Work request
Look below for the line that contains "start.db ≡ ok expired_first)", then copy it and each following line exactly, through and including the line that contains "unfolding handle_user_event is_stale".

(Collected data)
#####

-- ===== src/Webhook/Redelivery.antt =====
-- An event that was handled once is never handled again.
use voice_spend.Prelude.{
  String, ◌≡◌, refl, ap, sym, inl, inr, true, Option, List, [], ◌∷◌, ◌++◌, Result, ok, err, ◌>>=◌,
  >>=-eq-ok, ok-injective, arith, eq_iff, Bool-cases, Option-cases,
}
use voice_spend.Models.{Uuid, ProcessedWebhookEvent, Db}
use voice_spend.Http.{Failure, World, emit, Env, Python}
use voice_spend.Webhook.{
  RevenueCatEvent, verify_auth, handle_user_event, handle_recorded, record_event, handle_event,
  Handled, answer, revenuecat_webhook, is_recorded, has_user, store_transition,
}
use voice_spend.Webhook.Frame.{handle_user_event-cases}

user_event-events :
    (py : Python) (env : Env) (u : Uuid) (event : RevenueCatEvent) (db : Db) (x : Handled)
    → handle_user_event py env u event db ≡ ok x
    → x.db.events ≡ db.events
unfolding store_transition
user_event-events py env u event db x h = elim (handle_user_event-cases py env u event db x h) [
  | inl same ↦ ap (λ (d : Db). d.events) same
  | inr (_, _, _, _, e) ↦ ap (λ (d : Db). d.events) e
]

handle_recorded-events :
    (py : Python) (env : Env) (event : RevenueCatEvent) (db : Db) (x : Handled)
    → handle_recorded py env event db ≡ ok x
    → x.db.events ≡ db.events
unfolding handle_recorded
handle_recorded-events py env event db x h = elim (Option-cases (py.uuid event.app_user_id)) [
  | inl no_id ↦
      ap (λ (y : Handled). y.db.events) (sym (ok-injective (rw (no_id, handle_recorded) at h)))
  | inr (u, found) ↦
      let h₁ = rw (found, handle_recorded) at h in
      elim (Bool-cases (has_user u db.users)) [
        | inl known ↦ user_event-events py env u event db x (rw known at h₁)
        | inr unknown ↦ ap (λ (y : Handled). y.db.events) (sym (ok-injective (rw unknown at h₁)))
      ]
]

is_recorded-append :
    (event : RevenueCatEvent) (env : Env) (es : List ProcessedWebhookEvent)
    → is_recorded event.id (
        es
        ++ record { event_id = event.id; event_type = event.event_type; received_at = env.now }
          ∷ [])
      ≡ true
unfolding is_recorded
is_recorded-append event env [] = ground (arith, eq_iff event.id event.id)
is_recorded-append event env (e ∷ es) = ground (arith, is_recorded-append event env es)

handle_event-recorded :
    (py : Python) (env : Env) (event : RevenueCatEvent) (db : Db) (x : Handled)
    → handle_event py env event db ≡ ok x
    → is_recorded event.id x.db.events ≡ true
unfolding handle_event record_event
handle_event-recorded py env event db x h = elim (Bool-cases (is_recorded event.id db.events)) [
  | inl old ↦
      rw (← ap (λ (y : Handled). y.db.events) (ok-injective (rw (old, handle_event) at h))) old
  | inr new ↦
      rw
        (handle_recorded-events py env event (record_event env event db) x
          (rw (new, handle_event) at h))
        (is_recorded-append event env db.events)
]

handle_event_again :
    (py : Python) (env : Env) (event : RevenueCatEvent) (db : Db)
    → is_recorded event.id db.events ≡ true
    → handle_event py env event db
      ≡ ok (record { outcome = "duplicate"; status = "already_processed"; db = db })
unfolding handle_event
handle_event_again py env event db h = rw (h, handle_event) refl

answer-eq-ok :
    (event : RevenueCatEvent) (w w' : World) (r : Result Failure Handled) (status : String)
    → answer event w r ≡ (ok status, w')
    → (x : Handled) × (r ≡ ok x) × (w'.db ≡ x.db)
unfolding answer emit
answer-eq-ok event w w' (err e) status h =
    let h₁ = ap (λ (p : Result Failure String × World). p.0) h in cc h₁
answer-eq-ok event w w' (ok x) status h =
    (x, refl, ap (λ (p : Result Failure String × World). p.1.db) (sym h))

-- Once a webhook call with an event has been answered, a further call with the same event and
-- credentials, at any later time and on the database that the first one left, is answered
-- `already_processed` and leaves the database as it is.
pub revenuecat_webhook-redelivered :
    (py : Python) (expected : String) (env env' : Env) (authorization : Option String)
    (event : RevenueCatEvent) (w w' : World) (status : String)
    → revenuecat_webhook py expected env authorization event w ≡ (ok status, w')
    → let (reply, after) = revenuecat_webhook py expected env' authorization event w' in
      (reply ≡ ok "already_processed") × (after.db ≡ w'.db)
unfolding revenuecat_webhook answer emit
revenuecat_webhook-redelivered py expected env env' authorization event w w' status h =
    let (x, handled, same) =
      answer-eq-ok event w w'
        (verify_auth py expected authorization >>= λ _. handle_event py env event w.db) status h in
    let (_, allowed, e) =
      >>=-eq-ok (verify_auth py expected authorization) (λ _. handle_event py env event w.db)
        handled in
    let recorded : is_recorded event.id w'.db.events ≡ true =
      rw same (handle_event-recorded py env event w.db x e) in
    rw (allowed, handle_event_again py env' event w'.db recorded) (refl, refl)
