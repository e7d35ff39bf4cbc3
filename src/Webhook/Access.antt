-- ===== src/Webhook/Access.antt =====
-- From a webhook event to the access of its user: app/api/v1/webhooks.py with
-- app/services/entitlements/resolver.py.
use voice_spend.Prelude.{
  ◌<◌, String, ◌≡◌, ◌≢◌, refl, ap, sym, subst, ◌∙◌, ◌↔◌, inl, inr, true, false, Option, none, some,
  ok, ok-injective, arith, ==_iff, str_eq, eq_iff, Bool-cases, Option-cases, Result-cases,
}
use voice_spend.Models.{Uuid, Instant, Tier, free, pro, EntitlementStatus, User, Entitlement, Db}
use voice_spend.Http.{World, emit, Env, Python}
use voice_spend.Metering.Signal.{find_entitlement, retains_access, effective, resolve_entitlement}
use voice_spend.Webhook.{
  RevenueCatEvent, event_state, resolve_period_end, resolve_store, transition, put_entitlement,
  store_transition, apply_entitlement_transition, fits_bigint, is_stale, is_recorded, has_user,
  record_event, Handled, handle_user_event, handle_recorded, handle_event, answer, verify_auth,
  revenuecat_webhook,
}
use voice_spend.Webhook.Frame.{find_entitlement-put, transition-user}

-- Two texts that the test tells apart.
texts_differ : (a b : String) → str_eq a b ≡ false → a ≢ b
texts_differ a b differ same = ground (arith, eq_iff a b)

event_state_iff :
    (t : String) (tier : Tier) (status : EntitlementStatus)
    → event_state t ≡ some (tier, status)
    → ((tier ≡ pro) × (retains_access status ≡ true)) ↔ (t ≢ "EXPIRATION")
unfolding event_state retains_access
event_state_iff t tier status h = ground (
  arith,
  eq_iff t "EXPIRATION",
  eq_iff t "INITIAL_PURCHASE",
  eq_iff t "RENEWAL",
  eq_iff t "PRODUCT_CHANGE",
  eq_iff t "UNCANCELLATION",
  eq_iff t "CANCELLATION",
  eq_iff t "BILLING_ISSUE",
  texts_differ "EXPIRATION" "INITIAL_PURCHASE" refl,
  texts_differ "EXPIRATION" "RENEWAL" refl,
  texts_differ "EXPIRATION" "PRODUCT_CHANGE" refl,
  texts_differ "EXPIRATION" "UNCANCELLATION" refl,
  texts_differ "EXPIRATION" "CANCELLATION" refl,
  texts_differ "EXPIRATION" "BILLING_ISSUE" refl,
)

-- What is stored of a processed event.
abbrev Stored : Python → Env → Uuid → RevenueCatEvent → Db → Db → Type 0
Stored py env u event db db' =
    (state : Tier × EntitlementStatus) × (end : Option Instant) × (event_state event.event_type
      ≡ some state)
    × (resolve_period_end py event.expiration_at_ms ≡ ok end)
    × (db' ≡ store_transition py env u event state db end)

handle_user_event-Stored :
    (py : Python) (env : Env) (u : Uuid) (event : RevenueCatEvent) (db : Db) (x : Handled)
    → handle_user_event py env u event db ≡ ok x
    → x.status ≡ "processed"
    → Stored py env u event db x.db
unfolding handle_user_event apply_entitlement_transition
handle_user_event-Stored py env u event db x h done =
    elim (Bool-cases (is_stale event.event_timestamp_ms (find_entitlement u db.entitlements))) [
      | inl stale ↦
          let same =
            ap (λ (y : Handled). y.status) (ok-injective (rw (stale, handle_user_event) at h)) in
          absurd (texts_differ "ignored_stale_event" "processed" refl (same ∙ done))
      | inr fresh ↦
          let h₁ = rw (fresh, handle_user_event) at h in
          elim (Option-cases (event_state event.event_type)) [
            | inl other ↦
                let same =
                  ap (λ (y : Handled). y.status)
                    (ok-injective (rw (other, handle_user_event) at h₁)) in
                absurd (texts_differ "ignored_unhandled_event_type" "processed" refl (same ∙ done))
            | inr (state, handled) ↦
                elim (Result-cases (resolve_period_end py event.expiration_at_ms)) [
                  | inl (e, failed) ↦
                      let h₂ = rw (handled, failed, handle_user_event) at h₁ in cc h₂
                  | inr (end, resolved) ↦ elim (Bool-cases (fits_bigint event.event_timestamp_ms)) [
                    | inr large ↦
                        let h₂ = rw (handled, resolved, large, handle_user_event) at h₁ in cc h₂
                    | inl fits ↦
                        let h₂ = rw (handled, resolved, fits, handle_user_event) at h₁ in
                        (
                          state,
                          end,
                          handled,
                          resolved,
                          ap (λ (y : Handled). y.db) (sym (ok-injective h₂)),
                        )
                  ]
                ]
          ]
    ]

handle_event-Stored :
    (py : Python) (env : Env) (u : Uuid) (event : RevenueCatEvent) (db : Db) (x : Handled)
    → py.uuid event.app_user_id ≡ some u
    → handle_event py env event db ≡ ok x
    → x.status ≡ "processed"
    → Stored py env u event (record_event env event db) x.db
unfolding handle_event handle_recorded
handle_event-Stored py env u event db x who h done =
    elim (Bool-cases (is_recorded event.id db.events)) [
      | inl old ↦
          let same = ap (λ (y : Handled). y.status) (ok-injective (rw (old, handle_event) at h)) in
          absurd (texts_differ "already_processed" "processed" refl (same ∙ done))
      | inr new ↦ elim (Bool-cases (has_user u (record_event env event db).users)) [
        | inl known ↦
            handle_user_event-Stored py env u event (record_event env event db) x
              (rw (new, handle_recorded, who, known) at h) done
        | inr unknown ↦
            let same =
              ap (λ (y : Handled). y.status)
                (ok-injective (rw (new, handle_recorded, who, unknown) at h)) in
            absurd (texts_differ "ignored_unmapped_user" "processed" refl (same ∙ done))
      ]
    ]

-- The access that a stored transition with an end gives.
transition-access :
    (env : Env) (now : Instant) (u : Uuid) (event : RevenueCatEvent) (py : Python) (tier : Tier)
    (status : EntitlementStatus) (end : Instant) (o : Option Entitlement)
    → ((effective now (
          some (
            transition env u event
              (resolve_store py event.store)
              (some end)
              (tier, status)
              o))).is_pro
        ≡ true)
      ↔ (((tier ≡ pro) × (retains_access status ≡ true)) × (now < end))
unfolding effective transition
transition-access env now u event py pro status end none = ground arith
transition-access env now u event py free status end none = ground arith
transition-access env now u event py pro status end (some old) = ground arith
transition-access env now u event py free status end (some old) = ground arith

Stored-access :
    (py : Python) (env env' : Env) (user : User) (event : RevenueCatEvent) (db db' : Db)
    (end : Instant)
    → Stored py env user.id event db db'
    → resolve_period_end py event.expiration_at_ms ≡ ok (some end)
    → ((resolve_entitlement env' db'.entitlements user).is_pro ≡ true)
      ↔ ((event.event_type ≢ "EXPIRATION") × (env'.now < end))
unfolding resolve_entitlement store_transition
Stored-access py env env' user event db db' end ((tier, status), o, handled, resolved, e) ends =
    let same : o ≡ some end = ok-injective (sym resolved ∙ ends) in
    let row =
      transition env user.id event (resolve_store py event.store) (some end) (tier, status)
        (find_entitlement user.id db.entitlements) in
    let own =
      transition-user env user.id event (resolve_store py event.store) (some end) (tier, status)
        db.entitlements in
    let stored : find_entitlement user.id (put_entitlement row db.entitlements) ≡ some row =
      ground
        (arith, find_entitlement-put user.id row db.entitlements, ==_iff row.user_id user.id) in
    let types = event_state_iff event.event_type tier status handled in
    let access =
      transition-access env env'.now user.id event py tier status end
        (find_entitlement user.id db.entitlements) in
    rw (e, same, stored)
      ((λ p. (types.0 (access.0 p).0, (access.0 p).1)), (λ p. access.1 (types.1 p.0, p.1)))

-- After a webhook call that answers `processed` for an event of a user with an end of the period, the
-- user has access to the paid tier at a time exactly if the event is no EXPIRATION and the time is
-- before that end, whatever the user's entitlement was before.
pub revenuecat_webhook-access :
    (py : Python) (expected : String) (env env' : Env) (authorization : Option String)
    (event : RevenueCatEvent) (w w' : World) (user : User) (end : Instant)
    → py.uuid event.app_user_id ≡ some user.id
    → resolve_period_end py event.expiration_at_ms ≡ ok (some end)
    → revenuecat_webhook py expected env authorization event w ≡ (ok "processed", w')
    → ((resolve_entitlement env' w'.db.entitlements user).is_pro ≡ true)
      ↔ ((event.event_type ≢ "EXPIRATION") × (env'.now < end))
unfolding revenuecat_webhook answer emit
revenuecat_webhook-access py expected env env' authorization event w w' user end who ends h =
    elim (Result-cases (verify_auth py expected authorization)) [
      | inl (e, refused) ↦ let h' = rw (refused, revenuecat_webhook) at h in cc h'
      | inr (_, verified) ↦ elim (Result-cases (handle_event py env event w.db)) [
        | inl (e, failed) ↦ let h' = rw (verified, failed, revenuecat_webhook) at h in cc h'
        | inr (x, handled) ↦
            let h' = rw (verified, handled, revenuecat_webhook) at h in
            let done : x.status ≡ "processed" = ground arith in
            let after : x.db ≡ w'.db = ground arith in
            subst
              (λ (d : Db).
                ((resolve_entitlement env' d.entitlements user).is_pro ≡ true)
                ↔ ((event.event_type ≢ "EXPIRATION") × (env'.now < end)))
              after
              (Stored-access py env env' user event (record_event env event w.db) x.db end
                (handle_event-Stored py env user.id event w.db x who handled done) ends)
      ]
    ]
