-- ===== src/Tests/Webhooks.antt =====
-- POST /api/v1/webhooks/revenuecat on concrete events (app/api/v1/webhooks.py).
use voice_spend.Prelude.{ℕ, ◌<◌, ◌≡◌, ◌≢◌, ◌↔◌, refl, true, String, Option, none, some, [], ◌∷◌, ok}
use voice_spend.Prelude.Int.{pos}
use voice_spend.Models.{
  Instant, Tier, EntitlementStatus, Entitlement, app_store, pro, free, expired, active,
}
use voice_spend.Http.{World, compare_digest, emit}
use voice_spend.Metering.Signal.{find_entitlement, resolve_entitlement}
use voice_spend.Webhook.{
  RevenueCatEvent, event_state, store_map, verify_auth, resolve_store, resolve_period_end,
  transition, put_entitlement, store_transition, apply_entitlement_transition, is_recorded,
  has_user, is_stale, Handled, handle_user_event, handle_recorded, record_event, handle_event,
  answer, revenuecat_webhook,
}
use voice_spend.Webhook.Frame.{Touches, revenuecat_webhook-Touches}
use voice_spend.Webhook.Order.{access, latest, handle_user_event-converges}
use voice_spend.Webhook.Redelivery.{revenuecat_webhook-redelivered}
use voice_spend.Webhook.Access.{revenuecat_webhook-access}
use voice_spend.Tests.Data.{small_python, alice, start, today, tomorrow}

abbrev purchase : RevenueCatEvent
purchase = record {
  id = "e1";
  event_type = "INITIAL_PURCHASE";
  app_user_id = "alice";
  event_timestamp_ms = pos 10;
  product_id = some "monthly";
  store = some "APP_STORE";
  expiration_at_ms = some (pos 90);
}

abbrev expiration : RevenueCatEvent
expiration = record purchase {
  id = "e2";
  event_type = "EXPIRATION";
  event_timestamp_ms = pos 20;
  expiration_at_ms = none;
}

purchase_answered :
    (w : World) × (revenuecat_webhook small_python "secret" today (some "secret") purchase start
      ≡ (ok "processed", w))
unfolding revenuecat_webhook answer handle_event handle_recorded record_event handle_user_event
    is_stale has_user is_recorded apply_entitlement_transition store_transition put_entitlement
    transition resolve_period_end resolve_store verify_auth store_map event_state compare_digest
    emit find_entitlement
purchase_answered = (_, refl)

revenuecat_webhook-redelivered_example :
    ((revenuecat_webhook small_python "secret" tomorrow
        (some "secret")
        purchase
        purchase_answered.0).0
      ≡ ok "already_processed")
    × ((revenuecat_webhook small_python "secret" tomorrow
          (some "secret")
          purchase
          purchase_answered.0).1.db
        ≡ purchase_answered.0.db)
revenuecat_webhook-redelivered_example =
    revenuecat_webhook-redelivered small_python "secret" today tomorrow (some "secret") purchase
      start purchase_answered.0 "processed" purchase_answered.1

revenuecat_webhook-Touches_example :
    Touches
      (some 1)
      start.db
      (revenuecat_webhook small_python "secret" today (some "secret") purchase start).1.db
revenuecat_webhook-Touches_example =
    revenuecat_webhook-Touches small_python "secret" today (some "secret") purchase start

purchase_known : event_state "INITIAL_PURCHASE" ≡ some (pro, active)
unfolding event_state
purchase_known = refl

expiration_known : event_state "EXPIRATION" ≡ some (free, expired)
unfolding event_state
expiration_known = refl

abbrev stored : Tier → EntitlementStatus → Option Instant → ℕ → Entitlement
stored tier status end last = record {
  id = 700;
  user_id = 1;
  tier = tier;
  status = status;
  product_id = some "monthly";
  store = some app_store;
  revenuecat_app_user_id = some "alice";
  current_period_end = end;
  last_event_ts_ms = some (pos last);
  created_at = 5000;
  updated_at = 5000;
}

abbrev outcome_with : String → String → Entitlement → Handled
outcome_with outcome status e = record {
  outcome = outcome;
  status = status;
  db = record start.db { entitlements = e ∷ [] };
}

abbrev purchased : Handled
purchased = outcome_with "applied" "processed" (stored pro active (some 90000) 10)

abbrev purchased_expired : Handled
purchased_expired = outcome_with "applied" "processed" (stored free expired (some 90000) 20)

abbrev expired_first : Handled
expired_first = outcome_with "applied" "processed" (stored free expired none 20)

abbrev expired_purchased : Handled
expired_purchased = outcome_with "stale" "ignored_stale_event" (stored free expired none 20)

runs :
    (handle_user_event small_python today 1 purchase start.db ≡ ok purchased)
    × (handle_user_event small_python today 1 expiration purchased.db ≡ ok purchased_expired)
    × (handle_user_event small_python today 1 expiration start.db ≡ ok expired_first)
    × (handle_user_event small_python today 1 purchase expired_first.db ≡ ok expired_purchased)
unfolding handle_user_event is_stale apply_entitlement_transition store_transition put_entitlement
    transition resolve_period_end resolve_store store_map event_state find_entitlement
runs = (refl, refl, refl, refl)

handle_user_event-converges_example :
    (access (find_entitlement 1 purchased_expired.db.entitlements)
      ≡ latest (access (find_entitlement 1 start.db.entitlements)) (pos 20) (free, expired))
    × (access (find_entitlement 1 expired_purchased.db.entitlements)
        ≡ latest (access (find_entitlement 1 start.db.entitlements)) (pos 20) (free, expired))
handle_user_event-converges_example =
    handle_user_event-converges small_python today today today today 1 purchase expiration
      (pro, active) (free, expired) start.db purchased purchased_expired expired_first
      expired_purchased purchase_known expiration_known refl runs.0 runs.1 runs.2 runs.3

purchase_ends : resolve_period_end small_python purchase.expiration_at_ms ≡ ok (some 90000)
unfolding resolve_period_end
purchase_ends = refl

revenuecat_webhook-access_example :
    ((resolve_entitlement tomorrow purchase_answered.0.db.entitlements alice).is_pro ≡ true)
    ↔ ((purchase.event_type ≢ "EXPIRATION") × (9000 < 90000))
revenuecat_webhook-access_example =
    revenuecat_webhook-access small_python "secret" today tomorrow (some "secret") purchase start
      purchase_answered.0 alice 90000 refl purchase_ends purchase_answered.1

#####

Response below
    × (handle_user_event small_python today 1 expiration start.db ≡ ok expired_first)
    × (handle_user_event small_python today 1 purchase expired_first.db ≡ ok expired_purchased)
unfolding handle_user_event is_stale apply_entitlement_transition store_transition put_entitlement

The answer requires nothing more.